Engineering

From Aerospace to Asphalt: Why Your Car Has Less Telemetry Than a 1970s Satellite

Oghenemaro Oghenovo
3 min read
From Aerospace to Asphalt: Why Your Car Has Less Telemetry Than a 1970s Satellite

In 1996, the EPA standardized OBD-II. Every passenger vehicle sold in North America since has used essentially the same diagnostic protocol: roughly 10 parameters, sampled at 1 Hz, accessible through a 16-pin port under the dashboard.

In 1978, NASA's GOES-3 weather satellite was reporting telemetry on 2,200 parameters at rates up to 40 Hz — from geostationary orbit, over a bandwidth-constrained S-band link, with 1970s silicon.

Your car has less observability than a 47-year-old satellite.

This isn't a complaint. It's the thing our founding team couldn't stop thinking about.

The gap is structural, not technical

We came out of aerospace and orbital systems engineering. The three of us had spent our careers building the instrumentation around propulsion, attitude control, and power distribution on vehicles that cost nine figures and could not, under any circumstances, fail silently. The discipline that made those systems work wasn't mysterious — it was just exhaustive measurement plus ruthless signal processing.

Then we started looking at cars.

Modern vehicles are, structurally, much more sophisticated than 1970s satellites. A contemporary EV has around 3,000 sensors, 80+ ECUs, and a CAN/Ethernet bus topology that moves gigabytes of data per drive. The hardware is there. The instrumentation is there.

What's missing is the architectural decision to treat that data as signal, not as tripwires.

OBD-II was designed to answer one question: is this vehicle polluting more than the regulation allows? It was built by regulators, for regulators, to enforce emissions compliance. It was never meant to predict failure, assess fleet health, or give you 48 hours of warning before a bearing seizes. It does exactly what it was asked to do and nothing else.

The result: automotive engineers have access to an unbelievable quantity of internal sensor data while the vehicle is running, and almost none of it leaves the car.
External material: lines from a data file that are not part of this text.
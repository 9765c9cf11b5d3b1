-- ===== src/MapReduce/Whole.antt =====
-- The whole of `MR_Run` with wordcount, for mappers whose calls of `MR_Emit` come in any order.
use ostep_projects_finish.Common.{
  ℕ, zero, suc, ◌+◌, ◌≤◌, ◌<◌, ◌≡◌, refl, sym, ap, ap₂, ◌∙◌, Option, none, some, List, [], ◌∷◌,
  ◌++◌, length, map, arith, All, get_elem?, set, ltb, lt→ltb, if◌then◌else◌, str_eq, ◌==◌,
}
use mathlib.Core.Option.{some-injective, none-ne-some}
use ostep_projects_finish.MapReduce.{Bytes, MapData, mr_emit, Line, mr_reduce}
use ostep_projects_finish.MapReduce.Run.{occurrences, total, shuffled, mr_reduce-mr_shuffle}
use ostep_projects_finish.MapReduce.Mapper.{
  map_file, map_all, Mappers, emit, Reach, start, later, reduce_first, mr_finish,
}
use ostep_projects_finish.MapReduce.Words.{words_of, pair_of, NoNul, map_file-words}

-- How many of the words are `k`.
abbrev pub count_word : Bytes → List Bytes → ℕ
count_word k [] = 0
count_word k (w ∷ ws) = (if str_eq w k then 1 else 0) + count_word k ws

-- How often the word `k` stands in the files.
abbrev pub word_count : Bytes → List (List ℕ) → ℕ
word_count k [] = 0
word_count k (file ∷ files) = count_word k (words_of file) + word_count k files

-- How many pairs with the key `k` the mappers have still to emit.
pending : Bytes → List (List MapData) → ℕ
pending k [] = 0
pending k (ds ∷ to_emit) = occurrences k ds + pending k to_emit

abbrev pub start_mappers : List (List MapData) → Mappers
start_mappers pairs = record { to_emit = pairs; all_data = [] }

abbrev pub Finished : Mappers → Type 0
Finished s = All (λ ds. ds ≡ []) s.to_emit

occurrences-words : (k : Bytes) (ws : List Bytes) → occurrences k (map pair_of ws) ≡ count_word k ws
occurrences-words k [] = refl
occurrences-words k (w ∷ ws) = ap (λ n. (if str_eq w k then 1 else 0) + n) (occurrences-words k ws)

occurrences-snoc :
    (k : Bytes) (ds : List MapData) (d : MapData)
    → occurrences k (ds ++ (d ∷ [])) ≡ occurrences k ds + (if str_eq d.key k then 1 else 0)
occurrences-snoc k [] d = omega arith
occurrences-snoc k (e ∷ ds) d = omega (arith, occurrences-snoc k ds d)

pending-set :
    (k : Bytes) (to_emit : List (List MapData)) (i : ℕ) (d : MapData) (rest : List MapData)
    → get_elem? to_emit i ≡ some (d ∷ rest)
    → pending k to_emit ≡ (if str_eq d.key k then 1 else 0) + pending k (set to_emit i rest)
unfolding pending
pending-set k [] i d rest e = absurd (none-ne-some _ e)
pending-set k (ds ∷ to_emit) zero d rest e =
    ap (λ t. occurrences k t + pending k to_emit) (some-injective _ _ e) ∙ omega arith
pending-set k (ds ∷ to_emit) (suc i) d rest e = omega (arith, pending-set k to_emit i d rest e)

-- No step loses a pair or adds one.
Reach-occurrences :
    (k : Bytes) (s u : Mappers)
    → Reach s u
    → occurrences k u.all_data + pending k u.to_emit
      ≡ occurrences k s.all_data + pending k s.to_emit
unfolding mr_emit
Reach-occurrences k s u start = refl
Reach-occurrences k s u (later {t} r (emit i d rest e)) = omega (
  arith,
  occurrences-snoc k t.all_data (record { key = d.key; value = d.value; part_number = 0 }),
  pending-set k t.to_emit i d rest e,
  Reach-occurrences k s t r,
)

pending-Finished : (k : Bytes) (l : List (List MapData)) → All (λ ds. ds ≡ []) l → pending k l ≡ 0
unfolding pending
pending-Finished k [] f = refl
pending-Finished k (ds ∷ l) f = ap₂ (λ t n. occurrences k t + n) f.0 (pending-Finished k l f.1)

pair_up : Option (List MapData) → Option (List (List MapData)) → Option (List (List MapData))
pair_up none rest = none
pair_up (some pairs) none = none
pair_up (some pairs) (some rest) = some (pairs ∷ rest)

pairs_up :
    (a : Option (List MapData)) (b : Option (List (List MapData)))
    → (elim a [
      | none ↦ none
      | some pairs ↦ elim b [ none ↦ none | some rest ↦ some (pairs ∷ rest) ]
    ])
      ≡ pair_up a b
unfolding pair_up
pairs_up none b = refl
pairs_up (some pairs) none = refl
pairs_up (some pairs) (some rest) = refl

-- Every mapper ends on its own, with the pairs of its file's words.
map_all-words :
    (files : List (List ℕ))
    → All NoNul files
    → map_all files ≡ some (map (λ file. map pair_of (words_of file)) files)
unfolding map_all pair_up
map_all-words [] t = refl
map_all-words (file ∷ files) t =
    pairs_up (map_file file []) (map_all files)
    ∙ ap₂ pair_up (map_file-words file [] t.0) (map_all-words files t.1)

pending-words :
    (k : Bytes) (files : List (List ℕ))
    → pending k (map (λ file. map pair_of (words_of file)) files) ≡ word_count k files
unfolding pending
pending-words k [] = refl
pending-words k (file ∷ files) =
    ap₂ ◌+◌ (occurrences-words k (words_of file)) (pending-words k files)

-- The pairs in `all_data` when all mappers have ended.
emitted-word_count :
    (k : Bytes) (files : List (List ℕ)) (pairs : List (List MapData)) (s : Mappers)
    → All NoNul files
    → map_all files ≡ some pairs
    → Reach (start_mappers pairs) s
    → Finished s
    → occurrences k s.all_data ≡ word_count k files
emitted-word_count k files pairs s t e r f =
    let same = some-injective _ _ (sym e ∙ map_all-words files t) in
    omega (
      arith,
      Reach-occurrences k (start_mappers pairs) s r,
      pending-Finished k s.to_emit f,
      ap (pending k) same ∙ pending-words k files,
    )

total-append : (k : Bytes) (ls ms : List Line) → total k (ls ++ ms) ≡ total k ls + total k ms
total-append k [] ms = omega arith
total-append k ((j, n) ∷ ls) ms = omega (arith, total-append k ls ms)

module _ (partition : Bytes → ℕ → ℕ) (num : ℕ) where
  join : Option (List Line) → Option (List Line) → Option (List Line)
  join none own = none
  join (some before) none = none
  join (some before) (some own) = some (before ++ own)

  own_lines : List MapData → ℕ → Option (List Line)
  own_lines all_data n =
      mr_reduce (suc (length (shuffled partition num all_data n)))
        (record { data_list = shuffled partition num all_data n; part_count = 0 })

  reduce_first-suc :
      (n : ℕ) (all_data : List MapData)
      → reduce_first partition num (suc n) all_data
        ≡ join (reduce_first partition num n all_data) (own_lines all_data n)
  unfolding reduce_first join own_lines
  reduce_first-suc n all_data = go (reduce_first partition num n all_data) (own_lines all_data n)
    where
      go :
          (a b : Option (List Line))
          → (elim a [
            | none ↦ none
            | some before ↦ elim b [ none ↦ none | some own ↦ some (before ++ own) ]
          ])
            ≡ join a b
      go none b = refl
      go (some before) none = refl
      go (some before) (some own) = refl

  own_lines-some :
      (all_data : List MapData) (n : ℕ) (lines : List Line)
      → mr_reduce
          (suc (length (shuffled partition num all_data n)))
          (record { data_list = shuffled partition num all_data n; part_count = 0 })
        ≡ some lines
      → own_lines all_data n ≡ some lines
  unfolding own_lines
  own_lines-some all_data n lines e = e

  join-some : (ls ms : List Line) → join (some ls) (some ms) ≡ some (ls ++ ms)
  unfolding join
  join-some ls ms = refl

  below_next :
      (h n o : ℕ)
      → (if ltb h (suc n) then o else 0) ≡ (if ltb h n then o else 0) + (if h == n then o else 0)
  below_next h n o = ground arith

  reduce_first-total :
      (n : ℕ) (all_data : List MapData)
      → ((k : Bytes) → partition k num < num)
      → n ≤ num
      → (lines : List Line) × (reduce_first partition num n all_data ≡ some lines)
        × ((k : Bytes)
            → total k lines ≡ (if ltb (partition k num) n then occurrences k all_data else 0))
  reduce_first-total zero all_data in_range h = ([], unfold reduce_first in refl, λ k. ground arith)
  reduce_first-total (suc n) all_data in_range h =
      let before = reduce_first-total n all_data in_range (omega arith) in
      let own = mr_reduce-mr_shuffle partition num all_data n in_range (omega arith) in
      (
        before.0 ++ own.0,
        reduce_first-suc n all_data
            ∙ ap₂ join before.1 (own_lines-some all_data n own.0 own.1)
            ∙ join-some before.0 own.0,
        λ k.
            total-append k before.0 own.0
            ∙ ap₂ ◌+◌ (before.2 k) (own.2 k)
            ∙ sym (below_next (partition k num) n (occurrences k all_data)),
      )

  -- For files without a NUL and a partitioner that stays below the number of reducers, in any order
  -- of the mappers' emits: the reducers end, and what they all print for a word adds up to how often
  -- the word stands in the files.
  pub mr_finish-word_count :
      (files : List (List ℕ)) (pairs : List (List MapData)) (s : Mappers)
      → ((k : Bytes) → partition k num < num)
      → All NoNul files
      → map_all files ≡ some pairs
      → Reach (start_mappers pairs) s
      → Finished s
      → (lines : List Line) × (mr_finish partition num s.all_data ≡ some lines)
        × ((k : Bytes) → total k lines ≡ word_count k files)
  unfolding mr_finish
  mr_finish-word_count files pairs s in_range t e r f =
      let all_lines = reduce_first-total num s.all_data in_range (omega arith) in
      (
        all_lines.0,
        all_lines.1,
        λ k.
            all_lines.2 k
            ∙ rw (lt→ltb (partition k num) num (in_range k))
                (emitted-word_count k files pairs s t e r f),
      )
Why aerospace got there first

Three reasons, all economic:

  1. Satellites can't be towed. If a reaction wheel starts degrading on-orbit, nobody's going up there to replace it. You either detect the drift early and compensate with software, or the spacecraft dies. This forced predictive maintenance into spacecraft engineering from day one.

  2. Downtime is catastrophically expensive. A single day of lost transponder time on a commercial communications satellite is a seven-figure revenue event. That math funds a lot of telemetry.

  3. The platform operators owned the full stack. NASA, Lockheed, or SES designed the hardware, wrote the firmware, operated the ground stations, and analyzed the telemetry in-house. There were no competing vendor interests to negotiate around.

Automotive has inverted almost all of these. Drivers can be towed. Downtime is irritating but survivable. And the ecosystem is fragmented across OEMs, tier-one suppliers, aftermarket shops, insurers, and fleet managers — none of whom had a natural incentive to build cross-vehicle, cross-brand telemetry intelligence.

Until recently, no one was both technically equipped and commercially motivated to close the gap.

What we ended up building

We started with a simple question: what would a vehicle look like if it was instrumented the way a spacecraft is?

Not more sensors. Better use of the sensors already there. A sampling stack that could pull from the CAN bus at up to 60 Hz, a hardware security module for bus isolation, a neural model trained on fleet-aggregated signatures rather than per-vehicle thresholds, and an event-stream architecture that treats anomalies as first-class data rather than binary alarms.

The engineering problem is the one we already knew how to solve. The interesting work has been the cultural one — convincing drivers, fleet managers, and insurers that "my car is fine because the light isn't on" is approximately as rigorous as "the engine room is fine because nobody smells smoke."

Once that shifts, the rest is arithmetic.

Where this goes

Every domain that has made this transition — aviation, rail, industrial motors, semiconductor fabs, utility-grade power generation — has followed the same curve. First, a small number of operators adopt predictive instrumentation because the ROI is obvious for them specifically. Then insurers start pricing it in. Then regulators codify it. Then it becomes unthinkable to run equipment without it.

Cars are somewhere between step one and step two.

We're building for step four.

The check engine light was a good idea for 1996. It shipped in a world where compute was expensive, bandwidth was scarce, and real-time signal processing required a datacenter. None of those constraints still exist. A Raspberry Pi 5 has more processing power than the ground station that flew Voyager.

There's no longer any technical reason your car should have worse telemetry than a satellite launched during disco. The Neural Sentinel is our argument that it shouldn't.